Task to complete: Going down the listing below, print exactly each line from the one with "filename src/Storage/Book/Built.antt" up to and including the one with "length-header = refl", and skip the rest.

---

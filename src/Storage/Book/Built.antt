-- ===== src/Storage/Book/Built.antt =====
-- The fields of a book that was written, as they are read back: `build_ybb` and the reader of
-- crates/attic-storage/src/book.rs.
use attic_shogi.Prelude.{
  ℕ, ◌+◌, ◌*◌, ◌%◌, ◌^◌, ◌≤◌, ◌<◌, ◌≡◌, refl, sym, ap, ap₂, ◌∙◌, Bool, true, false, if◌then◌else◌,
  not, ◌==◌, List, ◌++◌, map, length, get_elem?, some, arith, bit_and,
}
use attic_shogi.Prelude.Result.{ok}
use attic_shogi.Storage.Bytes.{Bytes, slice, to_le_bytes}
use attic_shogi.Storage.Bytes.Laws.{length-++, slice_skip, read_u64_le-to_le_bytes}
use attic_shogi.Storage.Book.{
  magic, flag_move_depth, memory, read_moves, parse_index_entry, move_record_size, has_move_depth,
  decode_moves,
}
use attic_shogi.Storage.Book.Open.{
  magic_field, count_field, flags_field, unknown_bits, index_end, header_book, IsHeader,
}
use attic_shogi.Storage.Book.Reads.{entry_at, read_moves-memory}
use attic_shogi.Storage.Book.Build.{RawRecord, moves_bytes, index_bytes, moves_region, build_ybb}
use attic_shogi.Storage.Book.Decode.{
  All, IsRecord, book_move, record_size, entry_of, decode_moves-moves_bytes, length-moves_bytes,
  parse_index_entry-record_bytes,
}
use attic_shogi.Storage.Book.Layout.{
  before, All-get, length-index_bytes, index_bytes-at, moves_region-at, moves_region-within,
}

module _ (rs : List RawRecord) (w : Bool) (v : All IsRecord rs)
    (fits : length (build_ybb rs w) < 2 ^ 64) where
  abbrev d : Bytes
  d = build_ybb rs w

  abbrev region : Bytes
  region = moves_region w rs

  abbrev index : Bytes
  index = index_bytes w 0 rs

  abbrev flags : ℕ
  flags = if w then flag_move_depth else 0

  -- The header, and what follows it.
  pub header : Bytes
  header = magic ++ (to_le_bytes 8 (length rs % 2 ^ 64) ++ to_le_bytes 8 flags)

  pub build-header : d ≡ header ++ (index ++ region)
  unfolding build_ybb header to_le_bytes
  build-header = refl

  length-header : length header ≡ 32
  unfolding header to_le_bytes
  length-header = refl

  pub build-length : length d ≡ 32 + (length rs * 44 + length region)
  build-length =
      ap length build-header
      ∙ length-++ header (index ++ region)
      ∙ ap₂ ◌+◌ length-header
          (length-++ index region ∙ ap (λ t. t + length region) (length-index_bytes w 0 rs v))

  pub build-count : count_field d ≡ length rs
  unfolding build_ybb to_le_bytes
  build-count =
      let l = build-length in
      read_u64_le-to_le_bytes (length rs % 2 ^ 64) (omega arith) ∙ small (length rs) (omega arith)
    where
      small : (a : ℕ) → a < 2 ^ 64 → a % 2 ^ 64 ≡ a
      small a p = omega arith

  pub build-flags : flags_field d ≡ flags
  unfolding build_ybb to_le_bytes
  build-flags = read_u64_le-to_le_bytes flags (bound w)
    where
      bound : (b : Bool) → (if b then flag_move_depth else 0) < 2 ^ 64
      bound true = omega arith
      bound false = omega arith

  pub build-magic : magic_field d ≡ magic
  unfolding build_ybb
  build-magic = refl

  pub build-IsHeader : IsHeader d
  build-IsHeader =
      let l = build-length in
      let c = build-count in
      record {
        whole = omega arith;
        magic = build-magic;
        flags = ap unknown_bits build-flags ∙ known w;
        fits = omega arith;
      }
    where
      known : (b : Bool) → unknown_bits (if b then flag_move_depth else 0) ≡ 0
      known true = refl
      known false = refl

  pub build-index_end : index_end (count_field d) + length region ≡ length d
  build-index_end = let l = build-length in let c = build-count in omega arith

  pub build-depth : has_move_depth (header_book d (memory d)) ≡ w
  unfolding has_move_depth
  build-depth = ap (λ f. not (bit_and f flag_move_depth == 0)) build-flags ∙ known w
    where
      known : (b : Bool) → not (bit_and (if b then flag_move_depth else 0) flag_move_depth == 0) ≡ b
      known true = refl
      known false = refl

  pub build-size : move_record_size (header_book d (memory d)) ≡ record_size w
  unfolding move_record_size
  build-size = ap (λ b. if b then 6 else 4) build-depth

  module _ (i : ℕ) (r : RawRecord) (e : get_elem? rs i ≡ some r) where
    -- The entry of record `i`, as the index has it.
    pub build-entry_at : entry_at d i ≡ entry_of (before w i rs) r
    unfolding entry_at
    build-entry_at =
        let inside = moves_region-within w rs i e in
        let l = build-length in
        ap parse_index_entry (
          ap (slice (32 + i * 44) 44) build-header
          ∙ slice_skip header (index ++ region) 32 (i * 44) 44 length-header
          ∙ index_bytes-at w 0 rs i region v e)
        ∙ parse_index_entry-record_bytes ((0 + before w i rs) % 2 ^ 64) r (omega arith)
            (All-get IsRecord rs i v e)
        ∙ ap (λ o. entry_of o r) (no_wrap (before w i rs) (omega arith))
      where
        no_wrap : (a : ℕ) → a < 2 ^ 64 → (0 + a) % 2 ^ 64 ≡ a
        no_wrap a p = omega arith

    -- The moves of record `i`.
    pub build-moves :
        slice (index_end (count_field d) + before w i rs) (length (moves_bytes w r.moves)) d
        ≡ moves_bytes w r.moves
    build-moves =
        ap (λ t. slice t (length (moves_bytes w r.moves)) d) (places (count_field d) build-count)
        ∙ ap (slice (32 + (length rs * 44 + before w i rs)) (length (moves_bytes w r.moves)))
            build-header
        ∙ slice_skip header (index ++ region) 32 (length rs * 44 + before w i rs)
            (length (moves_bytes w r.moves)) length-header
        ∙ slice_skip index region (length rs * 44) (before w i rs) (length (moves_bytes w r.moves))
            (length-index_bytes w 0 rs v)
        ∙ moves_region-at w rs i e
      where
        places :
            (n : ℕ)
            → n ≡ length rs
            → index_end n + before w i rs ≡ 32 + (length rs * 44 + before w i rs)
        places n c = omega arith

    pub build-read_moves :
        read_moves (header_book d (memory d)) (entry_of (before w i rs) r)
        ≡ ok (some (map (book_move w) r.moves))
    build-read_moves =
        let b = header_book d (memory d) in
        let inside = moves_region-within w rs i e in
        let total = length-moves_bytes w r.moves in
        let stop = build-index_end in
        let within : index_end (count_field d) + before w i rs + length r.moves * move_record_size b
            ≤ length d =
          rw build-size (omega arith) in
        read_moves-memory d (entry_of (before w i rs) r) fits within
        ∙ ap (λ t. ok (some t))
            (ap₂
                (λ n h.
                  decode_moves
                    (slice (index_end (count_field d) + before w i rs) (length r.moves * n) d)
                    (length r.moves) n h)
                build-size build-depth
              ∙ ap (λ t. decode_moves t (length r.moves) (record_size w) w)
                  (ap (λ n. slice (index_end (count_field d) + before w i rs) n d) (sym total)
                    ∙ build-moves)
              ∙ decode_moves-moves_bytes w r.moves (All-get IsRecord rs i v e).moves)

---

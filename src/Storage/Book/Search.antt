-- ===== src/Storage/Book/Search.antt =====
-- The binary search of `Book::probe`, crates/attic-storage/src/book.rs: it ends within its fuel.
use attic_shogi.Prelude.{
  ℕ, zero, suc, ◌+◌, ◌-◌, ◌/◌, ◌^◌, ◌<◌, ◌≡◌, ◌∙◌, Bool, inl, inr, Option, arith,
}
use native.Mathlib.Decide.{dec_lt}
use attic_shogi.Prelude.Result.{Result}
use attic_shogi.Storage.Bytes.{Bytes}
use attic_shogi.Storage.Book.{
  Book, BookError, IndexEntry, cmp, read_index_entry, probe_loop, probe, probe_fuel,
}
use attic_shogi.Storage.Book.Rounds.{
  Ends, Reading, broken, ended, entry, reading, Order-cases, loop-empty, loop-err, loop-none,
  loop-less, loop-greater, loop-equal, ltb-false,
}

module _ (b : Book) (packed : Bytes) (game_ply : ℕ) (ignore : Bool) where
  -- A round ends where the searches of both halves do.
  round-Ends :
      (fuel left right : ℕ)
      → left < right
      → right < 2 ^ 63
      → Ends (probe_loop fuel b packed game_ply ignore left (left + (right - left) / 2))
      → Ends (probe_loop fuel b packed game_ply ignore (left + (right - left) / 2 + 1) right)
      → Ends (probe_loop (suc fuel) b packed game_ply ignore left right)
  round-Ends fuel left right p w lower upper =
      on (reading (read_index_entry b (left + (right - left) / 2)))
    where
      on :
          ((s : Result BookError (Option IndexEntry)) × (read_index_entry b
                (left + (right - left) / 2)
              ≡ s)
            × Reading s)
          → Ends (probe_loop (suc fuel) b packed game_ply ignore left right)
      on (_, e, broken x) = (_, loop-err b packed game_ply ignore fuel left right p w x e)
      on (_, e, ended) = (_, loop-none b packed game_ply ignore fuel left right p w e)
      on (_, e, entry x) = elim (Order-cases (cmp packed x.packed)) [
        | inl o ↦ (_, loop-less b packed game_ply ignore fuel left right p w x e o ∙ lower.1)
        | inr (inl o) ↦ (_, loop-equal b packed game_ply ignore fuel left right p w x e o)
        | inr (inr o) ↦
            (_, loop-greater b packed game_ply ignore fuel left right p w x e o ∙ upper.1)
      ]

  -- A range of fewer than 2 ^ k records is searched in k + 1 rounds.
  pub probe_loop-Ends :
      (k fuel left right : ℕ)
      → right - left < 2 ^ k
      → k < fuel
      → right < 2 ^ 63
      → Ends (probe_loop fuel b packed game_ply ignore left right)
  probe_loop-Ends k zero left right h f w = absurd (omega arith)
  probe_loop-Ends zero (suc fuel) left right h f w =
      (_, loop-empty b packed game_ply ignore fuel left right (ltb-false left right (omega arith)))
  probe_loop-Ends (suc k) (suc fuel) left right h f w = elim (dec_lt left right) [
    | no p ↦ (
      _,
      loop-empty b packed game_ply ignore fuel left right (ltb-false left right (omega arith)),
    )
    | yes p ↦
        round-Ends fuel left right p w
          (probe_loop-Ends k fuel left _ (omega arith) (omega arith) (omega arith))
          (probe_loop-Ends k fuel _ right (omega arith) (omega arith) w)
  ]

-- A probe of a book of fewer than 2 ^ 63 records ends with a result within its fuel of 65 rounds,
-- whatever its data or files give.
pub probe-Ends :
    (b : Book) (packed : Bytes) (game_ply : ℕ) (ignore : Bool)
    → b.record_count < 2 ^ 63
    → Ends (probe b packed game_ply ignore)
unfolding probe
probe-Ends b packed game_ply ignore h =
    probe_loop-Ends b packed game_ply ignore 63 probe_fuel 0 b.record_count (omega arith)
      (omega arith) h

---

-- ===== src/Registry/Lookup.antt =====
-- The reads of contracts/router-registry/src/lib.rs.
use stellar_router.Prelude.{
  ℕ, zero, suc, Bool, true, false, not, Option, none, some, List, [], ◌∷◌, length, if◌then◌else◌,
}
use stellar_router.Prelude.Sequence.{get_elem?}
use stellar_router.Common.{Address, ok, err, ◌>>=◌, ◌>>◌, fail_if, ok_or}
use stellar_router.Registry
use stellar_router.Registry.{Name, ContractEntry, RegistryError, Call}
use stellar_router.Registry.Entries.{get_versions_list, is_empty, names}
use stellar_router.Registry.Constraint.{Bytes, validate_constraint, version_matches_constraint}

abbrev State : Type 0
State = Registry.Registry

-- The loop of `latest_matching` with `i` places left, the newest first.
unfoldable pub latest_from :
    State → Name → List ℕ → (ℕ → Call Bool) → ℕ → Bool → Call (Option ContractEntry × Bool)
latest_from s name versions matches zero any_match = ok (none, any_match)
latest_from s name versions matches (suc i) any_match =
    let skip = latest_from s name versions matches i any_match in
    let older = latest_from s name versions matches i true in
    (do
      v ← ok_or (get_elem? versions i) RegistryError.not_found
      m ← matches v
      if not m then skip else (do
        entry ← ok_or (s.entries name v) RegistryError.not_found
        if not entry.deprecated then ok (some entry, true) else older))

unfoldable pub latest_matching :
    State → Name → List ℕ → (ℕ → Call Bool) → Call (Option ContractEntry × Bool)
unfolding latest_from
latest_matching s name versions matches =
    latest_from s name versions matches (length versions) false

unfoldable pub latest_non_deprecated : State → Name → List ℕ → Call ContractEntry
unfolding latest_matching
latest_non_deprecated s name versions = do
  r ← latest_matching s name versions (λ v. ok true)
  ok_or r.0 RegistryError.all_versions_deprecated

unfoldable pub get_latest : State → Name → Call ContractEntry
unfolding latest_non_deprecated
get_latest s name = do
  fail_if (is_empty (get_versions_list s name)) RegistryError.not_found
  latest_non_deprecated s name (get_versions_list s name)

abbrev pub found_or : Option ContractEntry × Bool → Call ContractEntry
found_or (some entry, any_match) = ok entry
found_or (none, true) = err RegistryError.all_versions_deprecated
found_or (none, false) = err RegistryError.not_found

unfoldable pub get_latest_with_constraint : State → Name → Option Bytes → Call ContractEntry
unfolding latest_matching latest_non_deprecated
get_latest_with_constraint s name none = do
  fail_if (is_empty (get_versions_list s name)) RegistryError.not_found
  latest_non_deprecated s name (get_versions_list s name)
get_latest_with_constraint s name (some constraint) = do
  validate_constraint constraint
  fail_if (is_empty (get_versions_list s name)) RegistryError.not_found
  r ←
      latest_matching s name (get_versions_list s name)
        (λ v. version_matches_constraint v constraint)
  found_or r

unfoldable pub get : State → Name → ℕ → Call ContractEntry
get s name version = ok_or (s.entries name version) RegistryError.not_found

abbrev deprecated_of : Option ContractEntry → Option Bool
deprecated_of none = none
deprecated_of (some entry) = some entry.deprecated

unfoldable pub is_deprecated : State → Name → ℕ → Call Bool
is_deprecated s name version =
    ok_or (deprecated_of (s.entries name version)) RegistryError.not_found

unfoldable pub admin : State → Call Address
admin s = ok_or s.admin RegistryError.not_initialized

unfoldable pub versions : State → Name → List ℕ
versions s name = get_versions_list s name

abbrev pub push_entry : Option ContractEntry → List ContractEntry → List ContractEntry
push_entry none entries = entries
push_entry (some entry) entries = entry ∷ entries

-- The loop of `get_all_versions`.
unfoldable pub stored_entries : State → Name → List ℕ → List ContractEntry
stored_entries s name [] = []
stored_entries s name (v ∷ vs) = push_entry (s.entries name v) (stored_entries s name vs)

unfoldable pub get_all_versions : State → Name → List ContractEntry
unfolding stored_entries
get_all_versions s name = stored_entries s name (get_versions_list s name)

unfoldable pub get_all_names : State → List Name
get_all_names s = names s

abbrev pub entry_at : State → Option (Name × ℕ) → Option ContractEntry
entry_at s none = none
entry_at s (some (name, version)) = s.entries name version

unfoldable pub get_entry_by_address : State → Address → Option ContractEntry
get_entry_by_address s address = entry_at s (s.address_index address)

---

Reply to the exercise:
filename src/Storage/Book/Built.antt
-- ===== src/Storage/Book/Built.antt =====
-- The fields of a book that was written, as they are read back: `build_ybb` and the reader of
-- crates/attic-storage/src/book.rs.
use attic_shogi.Prelude.{
  ℕ, ◌+◌, ◌*◌, ◌%◌, ◌^◌, ◌≤◌, ◌<◌, ◌≡◌, refl, sym, ap, ap₂, ◌∙◌, Bool, true, false, if◌then◌else◌,
  not, ◌==◌, List, ◌++◌, map, length, get_elem?, some, arith, bit_and,
}
use attic_shogi.Prelude.Result.{ok}
use attic_shogi.Storage.Bytes.{Bytes, slice, to_le_bytes}
use attic_shogi.Storage.Bytes.Laws.{length-++, slice_skip, read_u64_le-to_le_bytes}
use attic_shogi.Storage.Book.{
  magic, flag_move_depth, memory, read_moves, parse_index_entry, move_record_size, has_move_depth,
  decode_moves,
}
use attic_shogi.Storage.Book.Open.{
  magic_field, count_field, flags_field, unknown_bits, index_end, header_book, IsHeader,
}
use attic_shogi.Storage.Book.Reads.{entry_at, read_moves-memory}
use attic_shogi.Storage.Book.Build.{RawRecord, moves_bytes, index_bytes, moves_region, build_ybb}
use attic_shogi.Storage.Book.Decode.{
  All, IsRecord, book_move, record_size, entry_of, decode_moves-moves_bytes, length-moves_bytes,
  parse_index_entry-record_bytes,
}
use attic_shogi.Storage.Book.Layout.{
  before, All-get, length-index_bytes, index_bytes-at, moves_region-at, moves_region-within,
}

module _ (rs : List RawRecord) (w : Bool) (v : All IsRecord rs)
    (fits : length (build_ybb rs w) < 2 ^ 64) where
  abbrev d : Bytes
  d = build_ybb rs w

  abbrev region : Bytes
  region = moves_region w rs

  abbrev index : Bytes
  index = index_bytes w 0 rs

  abbrev flags : ℕ
  flags = if w then flag_move_depth else 0

  -- The header, and what follows it.
  pub header : Bytes
  header = magic ++ (to_le_bytes 8 (length rs % 2 ^ 64) ++ to_le_bytes 8 flags)

  pub build-header : d ≡ header ++ (index ++ region)
  unfolding build_ybb header to_le_bytes
  build-header = refl

  length-header : length header ≡ 32
  unfolding header to_le_bytes
  length-header = refl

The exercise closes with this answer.